# Tankless install



## Alan (Jun 18, 2008)

Did this yesterday. We dont do many of these. Another case of the boss not wanting to spend the time to figure this stuff out at rough in. Now as you can see the cold and return lines are only about 1" below the connection point. His solution is 18" flex supplies upstream from the valves to meet the requirement for pex. I dont like the idea of flex lines before the valve and it probably isnt legal. Thats ok, I wont be here long enough to fix it.

The last one I did I roughed in with 30" of copper in the wall before I stubbed out. That one has yet to be installed, but I have a feeling it will look a lot cleaner than this crap.


----------



## The Dane (Feb 19, 2015)

Alan said:


> Did this yesterday. We dont do many of these. Another case of the boss not wanting to spend the time to figure this stuff out at rough in. Now as you can see the cold and return lines are only about 1" below the connection point. His solution is 18" flex supplies upstream from the valves to meet the requirement for pex. I dont like the idea of flex lines before the valve and it probably isnt legal. Thats ok, I wont be here long enough to fix it.
> 
> The last one I did I roughed in with 30" of copper in the wall before I stubbed out. That one has yet to be installed, but I have a feeling it will look a lot cleaner than this crap.


No drip leg on the gas line?

Sent from my BLN-L24 using Tapatalk


----------



## chonkie (Jul 31, 2014)

Blocking not high enough to mount the unit higher? Next time 2x6 blocking in the wall and plan on the unit to mount in the center. If needs be, you can move the unit up or down a little.

I feel your pain with the boss not taking time to get things right so the next step is easier and having a better end result.


----------



## Tango (Jan 13, 2018)

All new housing developments have tankless heaters like that. Do they break down often?

I'm wondering if its a waste of time to get my master's gas licence (I have 2 journeyman gas certificate (tech 2 and gas pipe fitter)) since all these heaters are rented. The gas company is raking money by the truck load. No one seems to want to save money and purchase it.

I tell them after 8 years if you'd buy it you'd have enough money left over to buy 2 more and pay a service plumber once or twice.

I think I just answered my own question!



Here's how they're done here. NOT MY INSTALLATION.


----------



## Alan (Jun 18, 2008)

chonkie said:


> Blocking not high enough to mount the unit higher? Next time 2x6 blocking in the wall and plan on the unit to mount in the center. If needs be, you can move the unit up or down a little.
> 
> I feel your pain with the boss not taking time to get things right so the next step is easier and having a better end result.

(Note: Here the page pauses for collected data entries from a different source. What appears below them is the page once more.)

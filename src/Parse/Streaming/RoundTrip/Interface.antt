-- ===== src/Parse/Streaming/RoundTrip/Interface.antt =====
-- The scan of an interface reads all formats and frames that its blocks carry.
use mathlib.Core.Path.{subst}
use tcluvc.Prelude.{
  ℕ, suc, ◌+◌, ◌≤◌, ◌≡◌, refl, sym, some, List, [], ◌∷◌, ◌++◌, length, arith, append-nil,
  append_assoc, done, get_elem?,
}
use tcluvc.Prelude.Int.{ℤ, pos}
use tcluvc.Bytes.{byte_at, short_to_sw}
use tcluvc.Descriptors.{FormatDesc, StreamingInterface}
use tcluvc.Usb.Config.{AltSetting}
use tcluvc.Parse.Scan.Laws.{Reads, Reads-end, Reads-block}
use tcluvc.Parse.Streaming.{
  endpoint_bits, parse_vs_input_header, parse_block, parse_vs, new_interface, scan_streaming,
}
use tcluvc.Parse.Streaming.Encode.{
  OtherBlock, still_image, colour_matching, encode_other, encode_others, InputHeader, IsHeader,
  encode_header, Payload, encode_format, encode_frames, encode_formats, AllFormats, format_then,
  formats_of, encode_interface, format_size, uncompressed, mjpeg, frame_based,
}
use tcluvc.Parse.Streaming.RoundTrip.Frame.{Reads-encode_frames}
use tcluvc.Parse.Streaming.RoundTrip.Format.{parse_vs-encode_format, length-encode_format}

format_size_least : (k : Payload) → 3 ≤ format_size k
format_size_least uncompressed = omega arith
format_size_least (mjpeg flags) = omega arith
format_size_least frame_based = omega arith

abbrev with_formats : StreamingInterface → List FormatDesc → StreamingInterface
with_formats s gs = record s { format_descs = gs }

abbrev Entry : Type 0
Entry = Payload × FormatDesc × List OtherBlock

skip_other :
    (s : StreamingInterface) (b : OtherBlock) (rest : List ℕ)
    → parse_vs s (encode_other b ++ rest) ≡ done (pos 0, s)
unfolding parse_vs parse_block byte_at
skip_other s (still_image p) rest = refl
skip_other s (colour_matching p) rest = refl

other_size_least : (b : OtherBlock) → 3 ≤ length (encode_other b)
other_size_least (still_image p) = omega arith
other_size_least (colour_matching p) = omega arith

byte_at-encode_other :
    (b : OtherBlock) (rest : List ℕ) → byte_at (encode_other b ++ rest) 0 ≡ length (encode_other b)
unfolding byte_at
byte_at-encode_other (still_image p) rest = omega arith
byte_at-encode_other (colour_matching p) rest = omega arith

-- The other blocks change nothing.
Reads-encode_others :
    (s : StreamingInterface) (bs : List OtherBlock) (rest : List ℕ) (r : ℤ × StreamingInterface)
    → Reads parse_vs s rest r
    → Reads parse_vs s (encode_others bs ++ rest) r
unfolding encode_others
Reads-encode_others s [] rest r reads = reads
Reads-encode_others s (b ∷ bs) rest r reads =
    subst (λ p. Reads parse_vs s p r) (sym (append_assoc (encode_other b) (encode_others bs) rest))
      (Reads-block parse_vs s s (encode_other b) (encode_others bs ++ rest) r
        (skip_other s b (encode_others bs ++ rest))
        (byte_at-encode_other b (encode_others bs ++ rest)) (other_size_least b)
        (Reads-encode_others s bs rest r reads))

-- Formats are read behind those that the interface has.
Reads-encode_formats :
    (s : StreamingInterface) (gs : List FormatDesc) (new : List Entry)
    → AllFormats new
    → Reads parse_vs
        (with_formats s gs)
        (encode_formats new)
        (pos 0, with_formats s (gs ++ formats_of new))
unfolding encode_formats formats_of byte_at
Reads-encode_formats s gs [] all =
    subst (λ l. Reads parse_vs (with_formats s gs) [] (pos 0, with_formats s l))
      (sym (append-nil gs)) (Reads-end parse_vs (with_formats s gs))
Reads-encode_formats s gs ((k, g, bs) ∷ new) (format_then h all) =
    Reads-block parse_vs (with_formats s gs)
      (with_formats s (gs ++ (record g { frame_descs = [] } ∷ []))) (encode_format k g)
      (encode_frames k g.frame_descs ++ (encode_others bs ++ encode_formats new)) _
      (parse_vs-encode_format k (with_formats s gs) g _ h) (sym (length-encode_format k g h))
      (omega (arith, length-encode_format k g h, format_size_least k))
      (Reads-encode_frames k s gs g [] g.frame_descs (encode_others bs ++ encode_formats new) _
        h.frames
        (Reads-encode_others (with_formats s (gs ++ (g ∷ []))) bs (encode_formats new) _ (
          subst
            (λ l.
              Reads parse_vs (with_formats s (gs ++ (g ∷ []))) (encode_formats new)
                (pos 0, with_formats s l))
            (append_assoc gs (g ∷ []) (formats_of new))
            (Reads-encode_formats s (gs ++ (g ∷ [])) new all))))

abbrev headed : ℕ → InputHeader → StreamingInterface
headed number h = record (new_interface number) {
  endpoint_address = h.address;
  terminal_link = h.terminal;
}

parse_vs-header :
    (s : StreamingInterface) (h : InputHeader) (formats total : ℕ) (rest : List ℕ)
    → endpoint_bits h.address ≡ h.address
    → parse_vs s (encode_header h formats total ++ rest)
      ≡ done (pos 0, record s { endpoint_address = h.address; terminal_link = h.terminal })
unfolding parse_vs parse_block parse_vs_input_header byte_at short_to_sw
parse_vs-header s h formats total rest bits = ground (arith, bits)

length-encode_header :
    (h : InputHeader) (formats total : ℕ)
    → length (encode_header h formats total) ≡ 13 + length h.controls
unfolding short_to_sw
length-encode_header h formats total = omega arith

-- A streaming interface that stores its input header, its formats, each format's frames and the
-- still image and colour matching blocks behind them as the USB Video Class lays them out is read
-- back whole: its first setting's number, the endpoint, the terminal, and the formats with their
-- frames and intervals in order. The endpoint's address has no other bits than a direction and a
-- number, the lengths fit their fields, and every format and frame is one that its kind of block
-- can carry.
pub scan_streaming-encode_interface :
    (config : List (List AltSetting)) (i : ℕ) (h : InputHeader) (alt : AltSetting)
    (alts : List AltSetting) (gs : List (Payload × FormatDesc × List OtherBlock))
    → get_elem? config i ≡ some (alt ∷ alts)
    → alt.extra ≡ encode_interface h gs
    → IsHeader h gs
    → endpoint_bits h.address ≡ h.address
    → AllFormats gs
    → scan_streaming config i
      ≡ done (
        pos 0,
        record {
          interface_number = alt.interface_number;
          endpoint_address = h.address;
          terminal_link = h.terminal;
          format_descs = formats_of gs;
        },
      )
unfolding scan_streaming encode_interface byte_at short_to_sw
scan_streaming-encode_interface config i h alt alts gs e stored _ bits all =
    let formats : ℕ = length gs in
    let total : ℕ = 13 + length h.controls + length (encode_formats gs) in
    rw (scan_streaming, e, stored)
      (Reads-block parse_vs (new_interface alt.interface_number) (headed alt.interface_number h)
        (encode_header h formats total) (encode_formats gs) _
        (parse_vs-header (new_interface alt.interface_number) h formats total (encode_formats gs)
          bits)
        (sym (length-encode_header h formats total))
        (omega (arith, length-encode_header h formats total))
        (Reads-encode_formats (headed alt.interface_number h) [] gs all)
        (suc (length (encode_interface h gs))) (omega arith))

It's actually in a decent spot in terms of the blocking. The top of it sits at 6' which is good for servicing the unit someday.

I think the lines are at 36" now which means there's a good 12" of valves and piping on the bottom of the unit.

I think from now on I will never stub pex out of the wall for one of these. 

Drip leg for the gas? Never installed one before and never been called for it. It's probably a good idea and i'd probably figure on putting them in if it was my business.


----------



## Tango (Jan 13, 2018)

Alan said:


> It's actually in a decent spot in terms of the blocking. The top of it sits at 6' which is good for servicing the unit someday.
> 
> I think the lines are at 36" now which means there's a good 12" of valves and piping on the bottom of the unit.
> 
> ...


A drip leg is mandatory for each unit to prevent debris. Do you need to be certified where you are?

(On the Ontario side) it's jail time or heavy fines for lack of trade certificate or licence gas infractions.


----------



## Tango (Jan 13, 2018)

In Ontario the truck driver is not allowed to unload black pipe, he would need a gas pipe fitter licence. On the other hand in my province they do not care one bit. Anyone does gas as long as someone has a trade certificate in the company, they use his name...


----------



## The Dane (Feb 19, 2015)

Alan said:


> Drip leg for the gas? Never installed one before and never been called for it. It's probably a good idea and i'd probably figure on putting them in if it was my business.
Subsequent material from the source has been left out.